EXERCISE BRIEF: Would you output the whole of the data exactly?

====== EXERCISE MATERIAL ======

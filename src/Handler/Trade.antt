-- ===== src/Handler/Trade.antt =====
-- internal/handler/market.go: the handlers that build transactions and quotes.
pub mod Laws
pub mod Deploying
pub mod Closing
use total.Prelude.{Bool, true, false, not, Option, none, some, ◌⊎◌, inl, inr, if◌then◌else◌, ◌==◌}
use total.Bytes.{Bytes, text, is_empty, trim_space}
use total.Errors.{Error, Result, ok, err, both}
use total.Model.{TransactionResult}
use total.Soroban.Client.{State}
use total.Service.Requests.{TradeRequest, ResolveRequest, ClaimRequest, WithdrawRequest}
use total.Service.Quotes.{get_quote}
use total.Service.Market.{
  build_buy_tx_for, build_sell_tx_for, build_resolve_tx_for, build_claim_tx_for,
  build_withdraw_tx_for,
}
use total.Service.Factory.{FactoryService}
use total.Service.Deploy.{DeployMarketRequest, build_deploy_market_tx_for}
use total.Ipfs.Cid.{validate_cid}
use total.Handler.ErrorCode.{bad_request, service_unavailable}
use total.Handler.Web.{
  Request, Web, MarketHandler, Common, common, Reply, http_error, page, quote_page,
  transaction_page, Page, finish,
}
use total.Handler.Forms.{
  Form, then_form, require_form, require_address, require_outcome, require_positive, trade_form,
}
use total.Platform.{Platform}

-- `h.factoryService == nil || !h.factoryService.HasFactory()` leaves no factory.
unfoldable pub configured : {P : Platform} → Option (FactoryService P) → Option (FactoryService P)
configured none = none
configured (some m) = if is_empty m.factory_contract then none else some m

module _ (P : Platform) (W : Web P) where
  open P use {floats}

  -- A form that is refused is answered with status 400, and nothing is called.
  abbrev pub on_form :
      {A : Type 0} → Form A → (A → State P → Reply P × State P) → State P → Reply P × State P
  on_form (inl message) k s = (http_error message bad_request, s)
  on_form (inr a) k s = k a s

  -- The page of a transaction to sign.
  abbrev pub transaction_of :
      MarketHandler P W → Request → Bytes → Common → TransactionResult → Page P
  transaction_of h r market shown result = transaction_page result market h.network_passphrase shown

  unfoldable pub quote_form : Request → Form (Bytes × floats.Float)
  quote_form r = then_form (require_form r) λ _.
      then_form (require_outcome (r.form "outcome")) λ outcome.
        then_form (require_positive P "Invalid amount" (r.form "amount"))
          λ amount. inr (outcome, amount)

  unfoldable pub handle_get_quote : MarketHandler P W → Request → State P → Reply P × State P
  unfolding quote_form
  handle_get_quote h r = on_form (quote_form r) λ (outcome, amount) s.
      finish P W h r (get_quote P h.market_service r.path_id outcome amount s)
        λ quote. quote_page quote r.path_id (common P W h r "markets")

  unfoldable pub handle_build_buy_tx : MarketHandler P W → Request → State P → Reply P × State P
  handle_build_buy_tx h r = on_form (trade_form P r) λ request s.
      finish P W h r (build_buy_tx_for P h.market_service request s)
        (transaction_of h r r.path_id (common P W h r "markets"))

  unfoldable pub handle_build_sell_tx : MarketHandler P W → Request → State P → Reply P × State P
  handle_build_sell_tx h r = on_form (trade_form P r) λ request s.
      finish P W h r (build_sell_tx_for P h.market_service request s)
        (transaction_of h r r.path_id (common P W h r "markets"))

  unfoldable pub resolve_form : MarketHandler P W → Request → Form ResolveRequest
  resolve_form h r = then_form (require_form r) λ _.
      then_form (require_outcome (r.form "outcome")) λ outcome. inr (record {
        oracle_public_key = h.oracle_public_key;
        contract_id = r.path_id;
        winning_outcome = outcome;
      })

  unfoldable pub handle_resolve_market : MarketHandler P W → Request → State P → Reply P × State P
  unfolding resolve_form
  handle_resolve_market h r = on_form (resolve_form h r) λ request s.
      finish P W h r (build_resolve_tx_for P h.market_service request s)
        (transaction_of h r r.path_id (common P W h r "oracle"))

  unfoldable pub claim_form : Request → Form ClaimRequest
  claim_form r = then_form (require_form r) λ _.
      then_form (require_address P (trim_space (r.form "user_public_key")))
        λ key. inr (record { user_public_key = key; contract_id = r.path_id })

  unfoldable pub handle_build_claim_tx : MarketHandler P W → Request → State P → Reply P × State P
  unfolding claim_form
  handle_build_claim_tx h r = on_form (claim_form r) λ request s.
      finish P W h r (build_claim_tx_for P h.market_service request s)
        (transaction_of h r r.path_id (common P W h r "markets"))

  unfoldable pub withdraw_form : Request → Form WithdrawRequest
  withdraw_form r = then_form (require_form r) λ _.
      then_form (require_address P (trim_space (r.form "oracle_public_key")))
        λ key. inr (record { oracle_public_key = key; contract_id = r.path_id })

  unfoldable pub handle_build_withdraw_tx :
      MarketHandler P W → Request → State P → Reply P × State P
  unfolding withdraw_form
  handle_build_withdraw_tx h r = on_form (withdraw_form r) λ request s.
      finish P W h r (build_withdraw_tx_for P h.market_service request s)
        (transaction_of h r r.path_id (common P W h r "oracle"))

  -- The hash of a deployment's metadata: there is one, and it is an identifier of IPFS.
  unfoldable pub require_hash : Bytes → Form Bytes
  require_hash hash =
      if is_empty hash
      then inl (text "Metadata hash is required (upload metadata to IPFS first)")
      else elim (validate_cid hash) [
        | none ↦ inr hash
        | some e ↦ inl (text "Invalid IPFS hash format (must be CIDv0 Qm... or CIDv1 b...)")
      ]

  unfoldable pub deploy_form : Request → Form (DeployMarketRequest P)
  unfolding require_hash
  deploy_form r = then_form (require_form r) λ _.
      then_form (require_hash (trim_space (r.form "metadata_hash"))) λ hash.
        then_form (require_positive P "Invalid liquidity parameter" (r.form "liquidity_param"))
          λ liquidity.
            then_form (require_positive P "Invalid initial funding" (r.form "initial_funding"))
              λ funding. inr (record {
                liquidity_param = liquidity;
                metadata_hash = hash;
                initial_funding = funding;
              })

  abbrev pub not_configured : Reply P
  not_configured = http_error (text "Factory contract not configured") service_unavailable

  abbrev pub deploy_with :
      MarketHandler P W → Request → Option (FactoryService P) → State P → Reply P × State P
  deploy_with h r none s = (not_configured, s)
  deploy_with h r (some m) s =
      on_form (deploy_form r)
        (λ request s.
          finish P W h r (build_deploy_market_tx_for P m request s)
            (transaction_of h r (text "new") (common P W h r "oracle")))
        s

  unfoldable pub handle_build_deploy_tx : MarketHandler P W → Request → State P → Reply P × State P
  unfolding deploy_form configured
  handle_build_deploy_tx h r s = deploy_with h r (configured h.factory_service) s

======

RESPONSE TO THIS EXERCISE:
filename src/Handler/Trade.antt
-- ===== src/Handler/Trade.antt =====
-- internal/handler/market.go: the handlers that build transactions and quotes.
pub mod Laws
pub mod Deploying
pub mod Closing
use total.Prelude.{Bool, true, false, not, Option, none, some, ◌⊎◌, inl, inr, if◌then◌else◌, ◌==◌}
use total.Bytes.{Bytes, text, is_empty, trim_space}
use total.Errors.{Error, Result, ok, err, both}
use total.Model.{TransactionResult}
use total.Soroban.Client.{State}
use total.Service.Requests.{TradeRequest, ResolveRequest, ClaimRequest, WithdrawRequest}
use total.Service.Quotes.{get_quote}
use total.Service.Market.{
  build_buy_tx_for, build_sell_tx_for, build_resolve_tx_for, build_claim_tx_for,
  build_withdraw_tx_for,
}
use total.Service.Factory.{FactoryService}
use total.Service.Deploy.{DeployMarketRequest, build_deploy_market_tx_for}
use total.Ipfs.Cid.{validate_cid}
use total.Handler.ErrorCode.{bad_request, service_unavailable}
use total.Handler.Web.{
  Request, Web, MarketHandler, Common, common, Reply, http_error, page, quote_page,
  transaction_page, Page, finish,
}
use total.Handler.Forms.{
  Form, then_form, require_form, require_address, require_outcome, require_positive, trade_form,
}
use total.Platform.{Platform}

-- `h.factoryService == nil || !h.factoryService.HasFactory()` leaves no factory.
unfoldable pub configured : {P : Platform} → Option (FactoryService P) → Option (FactoryService P)
configured none = none
configured (some m) = if is_empty m.factory_contract then none else some m

module _ (P : Platform) (W : Web P) where
  open P use {floats}

  -- A form that is refused is answered with status 400, and nothing is called.
  abbrev pub on_form :
      {A : Type 0} → Form A → (A → State P → Reply P × State P) → State P → Reply P × State P
  on_form (inl message) k s = (http_error message bad_request, s)
  on_form (inr a) k s = k a s

  -- The page of a transaction to sign.
  abbrev pub transaction_of :
      MarketHandler P W → Request → Bytes → Common → TransactionResult → Page P
  transaction_of h r market shown result = transaction_page result market h.network_passphrase shown

  unfoldable pub quote_form : Request → Form (Bytes × floats.Float)
  quote_form r = then_form (require_form r) λ _.
      then_form (require_outcome (r.form "outcome")) λ outcome.
        then_form (require_positive P "Invalid amount" (r.form "amount"))
          λ amount. inr (outcome, amount)

  unfoldable pub handle_get_quote : MarketHandler P W → Request → State P → Reply P × State P
  unfolding quote_form
  handle_get_quote h r = on_form (quote_form r) λ (outcome, amount) s.
      finish P W h r (get_quote P h.market_service r.path_id outcome amount s)
        λ quote. quote_page quote r.path_id (common P W h r "markets")

  unfoldable pub handle_build_buy_tx : MarketHandler P W → Request → State P → Reply P × State P
  handle_build_buy_tx h r = on_form (trade_form P r) λ request s.
      finish P W h r (build_buy_tx_for P h.market_service request s)
        (transaction_of h r r.path_id (common P W h r "markets"))

  unfoldable pub handle_build_sell_tx : MarketHandler P W → Request → State P → Reply P × State P
  handle_build_sell_tx h r = on_form (trade_form P r) λ request s.
      finish P W h r (build_sell_tx_for P h.market_service request s)
        (transaction_of h r r.path_id (common P W h r "markets"))

  unfoldable pub resolve_form : MarketHandler P W → Request → Form ResolveRequest
  resolve_form h r = then_form (require_form r) λ _.
      then_form (require_outcome (r.form "outcome")) λ outcome. inr (record {
        oracle_public_key = h.oracle_public_key;
        contract_id = r.path_id;
        winning_outcome = outcome;
      })

  unfoldable pub handle_resolve_market : MarketHandler P W → Request → State P → Reply P × State P
  unfolding resolve_form
  handle_resolve_market h r = on_form (resolve_form h r) λ request s.
      finish P W h r (build_resolve_tx_for P h.market_service request s)
        (transaction_of h r r.path_id (common P W h r "oracle"))

  unfoldable pub claim_form : Request → Form ClaimRequest
  claim_form r = then_form (require_form r) λ _.
      then_form (require_address P (trim_space (r.form "user_public_key")))
        λ key. inr (record { user_public_key = key; contract_id = r.path_id })

  unfoldable pub handle_build_claim_tx : MarketHandler P W → Request → State P → Reply P × State P
  unfolding claim_form
  handle_build_claim_tx h r = on_form (claim_form r) λ request s.
      finish P W h r (build_claim_tx_for P h.market_service request s)
        (transaction_of h r r.path_id (common P W h r "markets"))

  unfoldable pub withdraw_form : Request → Form WithdrawRequest
  withdraw_form r = then_form (require_form r) λ _.
      then_form (require_address P (trim_space (r.form "oracle_public_key")))
        λ key. inr (record { oracle_public_key = key; contract_id = r.path_id })

  unfoldable pub handle_build_withdraw_tx :
      MarketHandler P W → Request → State P → Reply P × State P
  unfolding withdraw_form
  handle_build_withdraw_tx h r = on_form (withdraw_form r) λ request s.
      finish P W h r (build_withdraw_tx_for P h.market_service request s)
        (transaction_of h r r.path_id (common P W h r "oracle"))

  -- The hash of a deployment's metadata: there is one, and it is an identifier of IPFS.
  unfoldable pub require_hash : Bytes → Form Bytes
  require_hash hash =
      if is_empty hash
      then inl (text "Metadata hash is required (upload metadata to IPFS first)")
      else elim (validate_cid hash) [
        | none ↦ inr hash
        | some e ↦ inl (text "Invalid IPFS hash format (must be CIDv0 Qm... or CIDv1 b...)")
      ]

  unfoldable pub deploy_form : Request → Form (DeployMarketRequest P)
  unfolding require_hash
  deploy_form r = then_form (require_form r) λ _.
      then_form (require_hash (trim_space (r.form "metadata_hash"))) λ hash.
        then_form (require_positive P "Invalid liquidity parameter" (r.form "liquidity_param"))
          λ liquidity.
            then_form (require_positive P "Invalid initial funding" (r.form "initial_funding"))
              λ funding. inr (record {
                liquidity_param = liquidity;
                metadata_hash = hash;
                initial_funding = funding;
              })

  abbrev pub not_configured : Reply P
  not_configured = http_error (text "Factory contract not configured") service_unavailable

  abbrev pub deploy_with :
      MarketHandler P W → Request → Option (FactoryService P) → State P → Reply P × State P
  deploy_with h r none s = (not_configured, s)
  deploy_with h r (some m) s =
      on_form (deploy_form r)
        (λ request s.
          finish P W h r (build_deploy_market_tx_for P m request s)
            (transaction_of h r (text "new") (common P W h r "oracle")))
        s

  unfoldable pub handle_build_deploy_tx : MarketHandler P W → Request → State P → Reply P × State P
  unfolding deploy_form configured
  handle_build_deploy_tx h r s = deploy_with h r (configured h.factory_service) s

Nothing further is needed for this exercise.